ML IV: Tutorial of Scikit-learn¶

Today's Agenda¶

Scikit-learn Installation
Overview of Sklearn
Data representation in Sklearn
Machine learning with Sklearn
- Linear Regresion
- Decision Tree and Random Forest
- Naive Bayes
- Other machine learning models
Model Evaluation
Reference

Scikit-learn Installation¶

Install by pip
1. pip install -U scikit-learn
http://scikit-learn.org/stable/install.html

Overview of Sklearn¶

Supervised learning
1. Linear Regression
2. Naive Bayes
3. Decision Trees
Unsupervised learning
1. Gaussian Mixture
2. Clustering
Model selection and evaluation
1. Cross-validation: evaluating estimator performance
2. Tuning the hyper-parameters of an estimator
3. Model evaluation: quantifying the quality of predictions
4. Model persistence: save, reload the model

Overview of Sklearn (cont.)¶

Dataset transformations
1. Feature extraction
2. Preprocessing data
Dataset loading utilities
1. Toy datasets
  - The 20 newsgroups text dataset
  - Iris Plants Database
2. Sample generators
3. Loading from external datasets

Sklearn User Guide

Data Preparation¶

Data format
1. X: [n_samples, n_features]
2. Y: [n_samples, n_label]

Categorical Features¶

In [2]:

data = [
    {'price': 850000, 'rooms': 4, 'neighborhood': 'Queen Anne'},
    {'price': 700000, 'rooms': 3, 'neighborhood': 'Fremont'},
    {'price': 650000, 'rooms': 3, 'neighborhood': 'Wallingford'},
    {'price': 600000, 'rooms': 2, 'neighborhood': 'Fremont'}
]

a straightforward numerical mapping:

In [3]:

{'Queen Anne': 1, 'Fremont': 2, 'Wallingford': 3};

Queen Anne < Fremont < Wallingford, or Wallingford - Queen Anne = Fremont

One-hot encoding¶

In [4]:

{'Queen Anne': [0,0,1], 'Fremont': [0,1,0], 'Wallingford': [1,0,0]};

In [5]:

from sklearn.feature_extraction import DictVectorizer
vec = DictVectorizer(sparse=False, dtype=int)
vec.fit_transform(data)

Out[5]:

array([[     0,      1,      0, 850000,      4],
       [     1,      0,      0, 700000,      3],
       [     0,      0,      1, 650000,      3],
       [     1,      0,      0, 600000,      2]], dtype=int64)

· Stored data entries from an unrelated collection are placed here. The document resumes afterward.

-- ===== src/Auth/Tokens.antt =====
-- The table of refresh tokens under the service's two updates: revoked rows stay revoked.
use trading_backend.Base.{
  ◌==◌, Option-cases, is_some, find_first, update_where, ℕ, ◌<◌, ◌≡◌, refl, inl, inr, true, Option,
  none, some, List, [], ◌∷◌, arith,
}
use trading_backend.Auth.{
  revoke_refresh_token, replace_token, live_token, token_row, create_refresh_session, open_session,
}
use trading_backend.Auth.Schema.{
  RefreshToken, AuthStore, JwtUser, Crypto, AuthConfig, Instant, unrevoked_token, revoked_row,
}

module _ {S : Type 0} where
  -- No row of the id is unrevoked, and none will be created: ids grow.
  abbrev pub IsSpent : ℕ → AuthStore S → Type 0
  IsSpent id s = (id < s.next_id) × (find_first (unrevoked_token id) s.tokens ≡ none)

  pub revoke-none :
      (id : ℕ) (f : RefreshToken S → RefreshToken S) (ts : List (RefreshToken S))
      → ((t : RefreshToken S) → is_some (f t).revoked_at ≡ true)
      → find_first (unrevoked_token id) (update_where (unrevoked_token id) f ts) ≡ none
  unfolding find_first update_where
  revoke-none id f [] h = refl
  revoke-none id f (t ∷ ts) h = ground (arith, h t, revoke-none id f ts h)

  pub revoke_other-none :
      (id other : ℕ) (f : RefreshToken S → RefreshToken S) (ts : List (RefreshToken S))
      → ((t : RefreshToken S) → is_some (f t).revoked_at ≡ true)
      → find_first (unrevoked_token id) ts ≡ none
      → find_first (unrevoked_token id) (update_where (unrevoked_token other) f ts) ≡ none
  unfolding find_first update_where
  revoke_other-none id other f [] r h = refl
  revoke_other-none id other f (t ∷ ts) r h = ground (arith, r t, revoke_other-none id other f ts r)

  pub live_row :
      (id : ℕ) (ts : List (RefreshToken S)) (t : RefreshToken S)
      → find_first (λ r. r.id == id) ts ≡ some t
      → find_first (unrevoked_token id) ts ≡ none
      → is_some t.revoked_at ≡ true
  unfolding find_first
  live_row id [] t h k = absurd (cc)
  live_row id (r ∷ ts) t h k = ground (arith, live_row id ts t)

  -- a spent id is refused
  pub live_token-spent :
      (at : Instant) (id : ℕ) (s : AuthStore S) → IsSpent id s → live_token at id s ≡ none
  live_token-spent at id s (h, k) = elim (Option-cases (find_first (λ r. r.id == id) s.tokens)) [
    | inl e ↦ ground arith
    | inr (t, e) ↦ let r = live_row id s.tokens t e k in ground arith
  ]

  pub revoke-IsSpent :
      (at : Instant) (other id : ℕ) (s : AuthStore S)
      → IsSpent id s
      → IsSpent id (revoke_refresh_token at other s)
  unfolding revoke_refresh_token
  revoke-IsSpent at other id s (h, k) = (h, revoke_other-none id other _ s.tokens (λ t. refl) k)

module _ {S : Type 0} (crypto : Crypto S) (config : AuthConfig S) where
  create-IsSpent :
      (at : Instant) (user : JwtUser) (previous : Option ℕ) (id : ℕ) (s : AuthStore S)
      → IsSpent id s
      → IsSpent id (create_refresh_session crypto config at user previous s).1
  unfolding create_refresh_session replace_token find_first
  create-IsSpent at user none id s (h, k) = (ground arith, ground arith)
  create-IsSpent at user (some other) id s (h, k) =
      let row = token_row crypto config at user s.next_id in
      let unspent : find_first (unrevoked_token id) (row ∷ s.tokens) ≡ none = ground arith in
      (
        ground arith,
        revoke_other-none id other (revoked_row at.now (some s.next_id)) (row ∷ s.tokens)
            (λ t. refl) unspent,
      )

  pub open-IsSpent :
      (at : Instant) (user : JwtUser) (previous : Option ℕ) (id : ℕ) (s : AuthStore S)
      → IsSpent id s
      → IsSpent id (open_session crypto config at user previous s).1
  unfolding create_refresh_session
  open-IsSpent at user previous id s h = create-IsSpent at user previous id s h
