-- ===== src/Auth/Replay.antt =====
-- `refresh` and `logout` end the life of the token that they are given.
use trading_backend.Base.{
  ◌==◌, ==_self, Option-cases, find_first, update_where, ℕ, suc, ◌<◌, ◌≡◌, refl, sym, ap, subst,
  ◌∙◌, inl, inr, true, false, some, List, ◌∷◌, arith,
}
use trading_backend.Auth.{
  revoke_refresh_token, replace_token, token_row, create_refresh_session, open_session,
  check_refresh, refresh_session, refresh, logout, Request, answers,
}
use trading_backend.Auth.Chain.{IsChained, revoke-IsChained, IsChained-bounds, open-IsChained}
use trading_backend.Auth.Rotation.{live_id, logout_keeps, answers_keeps}
use trading_backend.Auth.Schema.{
  AuthStore, JwtUser, Claims, Crypto, IsFaithful, AuthConfig, Instant, Session, jwt_user,
  unrevoked_token, revoked_row, invalid_refresh_token, refresh_id,
}
use trading_backend.Auth.Sessions.{
  check_refresh-IsGood, IsGood-of, refresh-IsGood, refresh-ok-IsGood,
}
use trading_backend.Auth.Tokens.{
  IsSpent, revoke-none, live_token-spent, revoke-IsSpent, open-IsSpent,
}
use trading_backend.Store.World.{Result, ok, err}

module _ {S : Type 0} (crypto : Crypto S) (config : AuthConfig S) where
  open crypto use {verify, compare}

  -- the id is spent, in well-formed tables
  abbrev IsEnded : ℕ → AuthStore S → Type 0
  IsEnded id s = IsSpent id s × IsChained s

  answers-IsEnded :
      (rs : List (Instant × Request S)) (id : ℕ) (s : AuthStore S)
      → IsEnded id s
      → IsEnded id (answers crypto config rs s)
  answers-IsEnded rs id s h =
      answers_keeps crypto config (IsEnded id) (λ s k. IsChained-bounds s k.1)
        (λ at i s k. (revoke-IsSpent at i id s k.0, revoke-IsChained at i s k.1))
        (λ at u i s b k.
          (open-IsSpent crypto config at u i id s k.0, open-IsChained crypto config at u i s b k.1))
        rs s h

  refused :
      (at : Instant) (token : S) (i : ℕ) (s : AuthStore S)
      → ((c : Claims)
          → verify config.refresh_secret false at.now token ≡ some c
          → refresh_id c ≡ some i)
      → IsSpent i s
      → (refresh crypto config at token s).0 ≡ err invalid_refresh_token
  unfolding refresh check_refresh
  refused at token i s h k = elim (Option-cases (verify config.refresh_secret false at.now token)) [
    | inl e ↦ rw (refresh, refresh_session, check_refresh, e) refl
    | inr (c, e) ↦
        rw (refresh, refresh_session, check_refresh, e, h c e, live_token-spent at i s k) refl
  ]

  revoked_by_create :
      (at : Instant) (user : JwtUser) (i : ℕ) (s : AuthStore S)
      → i < s.next_id
      → IsSpent i (create_refresh_session crypto config at user (some i) s).1
  unfolding create_refresh_session replace_token
  revoked_by_create at user i s h = (
    ground arith,
    revoke-none i (revoked_row at.now (some s.next_id))
        (token_row crypto config at user s.next_id ∷ s.tokens) (λ t. refl),
  )

  revoked_by_logout :
      (at : Instant) (token : S) (i : ℕ) (s : AuthStore S) (c : Claims)
      → verify config.refresh_secret true at.now token ≡ some c
      → refresh_id c ≡ some i
      → i < s.next_id
      → IsSpent i (logout crypto config at (some token) s)
  unfolding logout revoke_refresh_token
  revoked_by_logout at token i s c e q h =
      rw (logout, e, q, revoke_refresh_token)
        (h, revoke-none i (λ t. record t { revoked_at = some at.now }) s.tokens (λ t. refl))

  earlier :
      (at : Instant) (token : S) (s : AuthStore S) {x : JwtUser × ℕ}
      → IsChained s
      → (check_refresh crypto config at token s).0 ≡ ok x
      → x.1 < s.next_id
  earlier at token s {x} h k =
      let (c, t, u, g) = IsGood-of crypto config at token s k in
      let (_, i, _, live, _, _) = g in
      let (same, b) = live_id at i s t (IsChained-bounds s h) live in
      let e : ok (jwt_user u, t.id) ≡ ok x =
        ap (λ (out : Result (Unit {0}) (JwtUser × ℕ) × AuthStore S). out.0)
          (sym (check_refresh-IsGood crypto config at token s c t u g))
        ∙ k in
      ground arith

  -- A token that a refresh or a logout has used is refused for ever: whatever requests are answered in
  -- between, a later refresh with it throws `Invalid refresh token`. The token is one that a refresh
  -- accepts in that state, whose chains of replaced tokens are well-formed, and @nestjs/jwt and
  -- bcryptjs are faithful.
  pub token_ends :
      (f : IsFaithful crypto) (at again later : Instant) (token : S)
      (rs : List (Instant × Request S)) (s : AuthStore S) {x : Session S}
      → IsChained s
      → (refresh crypto config at token s).0 ≡ ok x
      → ((refresh crypto config later token
            (answers crypto config rs (refresh crypto config at token s).1)).0
          ≡ err invalid_refresh_token)
        × ((refresh crypto config later token
              (answers crypto config rs (logout crypto config again (some token) s))).0
            ≡ err invalid_refresh_token)
  unfolding create_refresh_session
  token_ends f at again later token rs s h k =
      let (c, t, u, g) = refresh-ok-IsGood crypto config at token s k in
      let (e, i, e1, e2, q, e3) = g in
      let (same, b) = live_id at i s t (IsChained-bounds s h) e2 in
      let claims =
        λ (c' : Claims) (v : verify config.refresh_secret false later.now token ≡ some c').
          subst (λ z. refresh_id z ≡ some i) (f.claims_fixed _ _ _ _ _ token c c' e v) e1 in
      let opened = open_session crypto config at (jwt_user u) (some t.id) s in
      let ended : IsEnded i opened.1 = (
        subst (λ j. IsSpent i (open_session crypto config at (jwt_user u) (some j) s).1) (sym same)
            (revoked_by_create at (jwt_user u) i s b),
        open-IsChained crypto config at (jwt_user u) (some t.id) s (rw same b) h,
      ) in
      let left = logout crypto config again (some token) s in
      let gone : IsEnded i left = (
        revoked_by_logout again token i s c
            (f.ignores_expiry config.refresh_secret at.now again.now token c e) e1 b,
        logout_keeps crypto config (λ s. IsChained s) IsChained-bounds
            (λ at id s k. revoke-IsChained at id s k) (open-IsChained crypto config) again
            (some token) s h,
      ) in
      (
        subst
            (λ out.
              (refresh crypto config later token (answers crypto config rs out.1)).0
              ≡ err invalid_refresh_token)
            (sym (refresh-IsGood crypto config at token s c t u g))
            (refused later token i (answers crypto config rs opened.1) claims
              (answers-IsEnded rs i opened.1 ended).0),
        refused later token i (answers crypto config rs left) claims
            (answers-IsEnded rs i left gone).0,
      )

  -- The two writes of concurrent refreshes: if two requests with the same token have both passed the
  -- checks before either writes, both open a session, and neither new token is revoked.
  pub concurrent_refreshes :
      (at at' : Instant) (token : S) (s : AuthStore S) {x y : JwtUser × ℕ}
      → IsChained s
      → (check_refresh crypto config at token s).0 ≡ ok x
      → (check_refresh crypto config at' token s).0 ≡ ok y
      → let s1 = (create_refresh_session crypto config at x.0 (some x.1) s).1 in
        let s2 = (create_refresh_session crypto config at' y.0 (some y.1) s1).1 in
        (find_first (unrevoked_token s.next_id) s2.tokens
          ≡ some (token_row crypto config at x.0 s.next_id))
        × (find_first (unrevoked_token (suc s.next_id)) s2.tokens
            ≡ some (token_row crypto config at' y.0 (suc s.next_id)))
  unfolding create_refresh_session replace_token find_first update_where
  concurrent_refreshes at at' token s {x} {y} h k k' =
      let bx = earlier at token s h k in
      let by = earlier at' token s h k' in
      let d = ==_self s.next_id in
      let d1 = ==_self (suc s.next_id) in
      let a1 : (s.next_id == x.1) ≡ false = ground arith in
      let a2 : (s.next_id == y.1) ≡ false = ground arith in
      let a3 : (suc s.next_id == y.1) ≡ false = ground arith in
      let a4 : (suc s.next_id == s.next_id) ≡ false = ground arith in
      (rw (a1, a2, a3, a4, d) refl, rw (a1, a2, a3, d1) refl)
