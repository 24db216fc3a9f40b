-- ===== src/Backtest.antt =====
-- src/modules/backtesting: the simulation of a strategy over stored candles.
pub mod Indicators
pub mod Metrics
pub mod Analysis
pub mod Exits
pub mod Engine
pub mod Loop
pub mod Ledger
pub mod Counters
pub mod Order
pub mod UseCase
pub mod Settled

To see the meaning of each column, you can inspect the feature names:

In [6]:

vec.get_feature_names()

Out[6]:

['neighborhood=Fremont',
 'neighborhood=Queen Anne',
 'neighborhood=Wallingford',
 'price',
 'rooms']

Text Features¶

In [7]:

sample = ['problem of evil',
          'evil queen',
          'horizon problem']

In [8]:

from sklearn.feature_extraction.text import CountVectorizer

vec = CountVectorizer()
X = vec.fit_transform(sample)
X

Out[8]:

<3x5 sparse matrix of type '<class 'numpy.int64'>'
	with 7 stored elements in Compressed Sparse Row format>

In [9]:

import pandas as pd
pd.DataFrame(X.toarray(), columns=vec.get_feature_names())

Out[9]:

	evil	horizon	of	problem	queen
0	1	0	1	1	0
1	1	0	0	0	1
2	0	1	0	1	0

alternative: term frequency-inverse document frequency (TF–IDF)

In [10]:

from sklearn.feature_extraction.text import TfidfVectorizer
vec = TfidfVectorizer()
X = vec.fit_transform(sample)
pd.DataFrame(X.toarray(), columns=vec.get_feature_names())

Out[10]:

	evil	horizon	of	problem	queen
0	0.517856	0.000000	0.680919	0.517856	0.000000
1	0.605349	0.000000	0.000000	0.000000	0.795961
2	0.000000	0.795961	0.000000	0.605349	0.000000

Linear Regresion with Sklearn¶

$y=ax+b$

In [12]:

rng = np.random.RandomState(1)
x = 10 * rng.rand(50)
y = 2 * x - 5 + rng.randn(50)
plt.scatter(x, y);

In [13]:

from sklearn.linear_model import LinearRegression
model = LinearRegression(fit_intercept=True)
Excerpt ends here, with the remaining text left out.